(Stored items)
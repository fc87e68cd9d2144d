-- ===== src/Tcp.antt =====
-- tcp_client.go: frames, requests on one connection, the handshake and reconnecting.
pub mod Frames
pub mod Connect
pub mod Chunked
pub mod Stream
pub mod Delivery
pub mod Dropped
pub mod Retry
pub mod Progress
pub mod Exchange
pub mod Shrink
pub mod Ends
pub mod Pooled
pub mod Reassembly
pub mod Handshake
pub mod Recovery
pub mod Attempts
pub mod Drops
use fq_client_go.Common.{
  ℕ, zero, suc, ◌+◌, ◌-◌, ◌*◌, ◌/◌, ◌%◌, ◌^◌, Bool, true, false, ◌||◌, Option, none, some, List, [],
  ◌∷◌, ◌++◌, Bytes, codes, length, take, drop, ltb, leb, ◌==◌, if◌then◌else◌, min,
}
use fq_client_go.Errors.{
  Error, sentinel, net_error, protocol, message, panic, wrap, annotate, both, error_is, Sentinel,
  eof, unexpected_eof, short_write, net_closed, conn_closed, frame_too_large, corrupted_response,
  auth_failed, context_deadline_exceeded, Result, ok, err,
}
use fq_client_go.Text.{bytes_eq, index_byte}
use fq_client_go.Decimal.{format_uint}
use fq_client_go.Exec.{Exec, pure, raise, lift, map_error, proceed, ◌>>=◌, ◌>>◌}
use fq_client_go.Net.{
  Wire, WriteStep, Env, Ctx, Dial, refused, connected, read_full, set_deadline, close_wire,
  next_dial, next_ctx_error, now,
}
use fq_client_go.Response.{
  resp_delimiter, frame_status_ok, frame_status_error, frame_status_next, Response,
  is_protocol_code, success, error, unknown,
}
use fq_client_go.Response.Readers.{HelloInfo, parse_hello_response}
use fq_client_go.Response.Protocol.{code_number, authentication_failed}
use fq_client_go.Command.{command_hello, protocol_version, space}

abbrev pub frame_header_size : ℕ
frame_header_size = 4

abbrev pub max_frame_payload_size : ℕ
max_frame_payload_size = 2 ^ 32 - 1

abbrev pub connect_timeout : ℕ
connect_timeout = 5 * 1_000_000_000

-- `binary.BigEndian.PutUint32(header, n)`
unfoldable pub put_uint32 : ℕ → Bytes
put_uint32 n = n / 2 ^ 24 % 256 ∷ n / 2 ^ 16 % 256 ∷ n / 2 ^ 8 % 256 ∷ n % 256 ∷ []

-- `binary.BigEndian.Uint32(header)`; a shorter header is an index out of range.
unfoldable pub uint32_of : Bytes → Result ℕ
uint32_of (a ∷ b ∷ c ∷ d ∷ rest) = ok (((a * 256 + b) * 256 + c) * 256 + d)
uint32_of _ = err (panic (codes "index out of range"))

abbrev pub too_large : ℕ → ℕ → Error
too_large size limit =
    annotate (sentinel frame_too_large) (format_uint size ++ codes " > " ++ format_uint limit)

-- What a call of `Write` answered: an error, no byte taken, or some.
unfoldable pub after_write :
    Option Error → ℕ → Wire → Result (Unit {0}) × Wire → Result (Unit {0}) × Wire
after_write (some e) taken v more = (err e, v)
after_write none taken v more = if taken == 0 then (err (sentinel short_write), v) else more

-- The loop of `writeAll`: a round is a call of `Write`, answered by the head of the script.
unfoldable pub write_rounds : List WriteStep → Bytes → Wire → Result (Unit {0}) × Wire
unfolding after_write
write_rounds steps [] w = (ok tt, record w { write_steps = steps })
write_rounds [] (c ∷ rest) w = (ok tt, record w { sent = w.sent ++ c ∷ rest; write_steps = [] })
write_rounds (step ∷ steps) (c ∷ rest) w =
    let taken = min step.taken (suc (length rest)) in
    let v = record w { sent = w.sent ++ take taken (c ∷ rest); write_steps = steps } in
    after_write step.failure taken v (write_rounds steps (drop taken (c ∷ rest)) v)

-- On a closed connection the first call of `Write` fails.
unfoldable pub write_all : Bytes → Exec Wire (Unit {0})
unfolding write_rounds
write_all [] w = (ok tt, w)
write_all (c ∷ rest) w =
    if w.closed then (err (sentinel net_closed), w) else write_rounds w.write_steps (c ∷ rest) w

unfoldable pub write_frame : Bytes → Exec Wire (Unit {0})
write_frame payload =
    if ltb max_frame_payload_size (length payload)
    then raise (too_large (length payload) max_frame_payload_size)
    else (do write_all (put_uint32 (length payload % 2 ^ 32)); write_all payload)

-- `messageSize > uint32(maxMessageSize)`
unfoldable pub checked_size : ℕ → ℕ → Result ℕ
checked_size size limit = if ltb (limit % 2 ^ 32) size then err (too_large size limit) else ok size

unfoldable pub read_frame_size : ℕ → Exec Wire ℕ
read_frame_size limit = do
  header ← read_full frame_header_size
  size ← lift (uint32_of header)
  lift (checked_size size limit)

-- The buffer counts by its length: `buffer[:messageSize]` is out of range beyond it, and its bytes
-- are overwritten before they are read.
unfoldable pub read_frame_into : ℕ → ℕ → Exec Wire Bytes
read_frame_into limit buffer = do
  size ← read_frame_size limit
  if ltb buffer size then raise (panic (codes "slice bounds out of range")) else read_full size

-- `errors.As(err, &netErr)`
unfoldable pub is_net_error : Error → Bool
is_net_error (sentinel net_closed) = true
is_net_error (sentinel context_deadline_exceeded) = true
is_net_error (sentinel s) = false
is_net_error (protocol c m) = false
is_net_error (net_error m) = true
is_net_error (message m) = false
is_net_error (panic m) = false
is_net_error (wrap m e) = is_net_error e
is_net_error (annotate e m) = is_net_error e
is_net_error (both a b) = is_net_error a || is_net_error b

unfoldable pub is_connection_error : Error → Bool
unfolding is_net_error
is_connection_error e =
    error_is e eof
    || error_is e unexpected_eof
    || error_is e short_write
    || error_is e net_closed
    || is_net_error e

unfoldable pub normalize_connection_error : Error → Error
normalize_connection_error e = if is_connection_error e then both (sentinel conn_closed) e else e

-- `TLSConfig` is known here only by its presence.
pub record TcpClient : Type 0 where
  pub connection : Wire
  pub address : Bytes
  pub max_message_size : ℕ
  pub idle_timeout : ℕ
  -- the size of the buffers of `bufferPool`
  pub buffer_size : ℕ
  pub token : Bytes
  pub tls : Bool

-- One client and what surrounds it.
pub record Session : Type 0 where
  pub client : TcpClient
  pub env : Env

-- A call on the connection, whose error is normalised.
unfoldable pub on_connection : {A : Type 0} → Exec Wire A → Exec Session A
on_connection step s =
    let (r, wire) = step s.client.connection in
    map_error normalize_connection_error
      (r, record s { client = record s.client { connection = wire } })

-- The earlier of the idle deadline and the context's.
unfoldable pub deadline : ℕ → ℕ → Ctx → ℕ
deadline time idle ctx = elim ctx.deadline [
  | none ↦ time + idle
  | some d ↦ if ltb (time + idle) d then time + idle else d
]

-- `c.connection.SetDeadline(c.deadline(ctx))`
unfoldable pub arm : Ctx → Exec Session (Unit {0})
arm ctx s =
    let (time, env) = now s.env in
    on_connection (set_deadline (deadline time s.client.idle_timeout ctx)) (record s { env = env })

-- `len(request) > c.maxMessageSize`
unfoldable pub check_request : Bytes → Exec Session (Unit {0})
check_request request s =
    if ltb s.client.max_message_size (length request)
    then (
      err (
          message (
            codes "request exceeds max message size ("
            ++ format_uint s.client.max_message_size
            ++ codes ")")),
      s,
    )
    else (ok tt, s)

unfoldable pub receive : Exec Session Bytes
receive s = on_connection (read_frame_into s.client.max_message_size s.client.buffer_size) s

unfoldable pub send : Ctx → Bytes → Exec Session Bytes
send ctx request = do check_request request; arm ctx; on_connection (write_frame request); receive
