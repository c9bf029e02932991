-- ===== src/Device/Mac.antt =====
-- internal/device/mac.go: is a MAC address locally administered?
mod Tests
use safe_play_guardian.Prelude.{
  ℕ, ◌+◌, ◌-◌, ◌*◌, ◌/◌, ◌%◌, leb, ltb, ◌==◌, nat_eq, string_eq, code, String, Bool, true, false,
  ◌&&◌, not, Option, none, some, List, [], ◌∷◌, if◌then◌else◌, trim_space, contains_char, split,
  ◌≡◌, refl,
}
use Prim.Native.String.{[], ◌∷◌}

-- The value of one hexadecimal digit.
unfoldable pub hex_value : ℕ → Option ℕ
hex_value c =
    if leb b'0' c && leb c b'9'
    then some (c - b'0')
    else if leb b'a' c && leb c b'f'
    then some (c - b'a' + 10)
    else if leb b'A' c && leb c b'F'
    then some (c - b'A' + 10)
    else none

hex_step : Option ℕ → ℕ → Option ℕ
unfolding hex_value
hex_step none c = none
hex_step (some acc) c = elim (hex_value c) [ none ↦ none | some d ↦ some (acc * 16 + d) ]

hex_from : Option ℕ → String → Option ℕ
unfolding hex_step
hex_from acc [] = acc
hex_from acc (c ∷ s) = hex_from (hex_step acc (code c)) s

abbrev in_byte : Option ℕ → Option ℕ
in_byte none = none
in_byte (some n) = if ltb n 256 then some n else none

-- strconv.ParseUint(s, 16, 8); `none` is an error.
unfoldable pub parse_hex_byte : String → Option ℕ
unfolding hex_from
parse_hex_byte [] = none
parse_hex_byte (c ∷ s) = in_byte (hex_from (some 0) (c ∷ s))

abbrev separator : String → ℕ
separator mac = if not (contains_char b':' mac) && contains_char b'-' mac then b'-' else b':'

-- byte(b)&0x02 != 0
abbrev pub is_local_byte : ℕ → Bool
is_local_byte b = b / 2 % 2 == 1

abbrev first_octet : List String → Bool
first_octet [] = false
first_octet (p ∷ _) = elim (parse_hex_byte p) [ none ↦ false | some b ↦ is_local_byte b ]

trimmed_is_randomized : String → Bool
unfolding contains_char split parse_hex_byte
trimmed_is_randomized mac = if mac == "" then false else first_octet (split (separator mac) mac)

-- IsRandomizedMAC
unfoldable pub is_randomized_mac : String → Bool
unfolding trimmed_is_randomized trim_space
is_randomized_mac mac = trimmed_is_randomized (trim_space mac)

■ Brief:
All that is wanted is the run of lines from the start of the data through the line containing "pub mod Reassembly", copied word for word.

■ Exercise output:
repository fc87e68cd9d2144d
-- ===== src/Tcp.antt =====
-- tcp_client.go: frames, requests on one connection, the handshake and reconnecting.
pub mod Frames
pub mod Connect
pub mod Chunked
pub mod Stream
pub mod Delivery
pub mod Dropped
pub mod Retry
pub mod Progress
pub mod Exchange
pub mod Shrink
pub mod Ends
pub mod Pooled
pub mod Reassembly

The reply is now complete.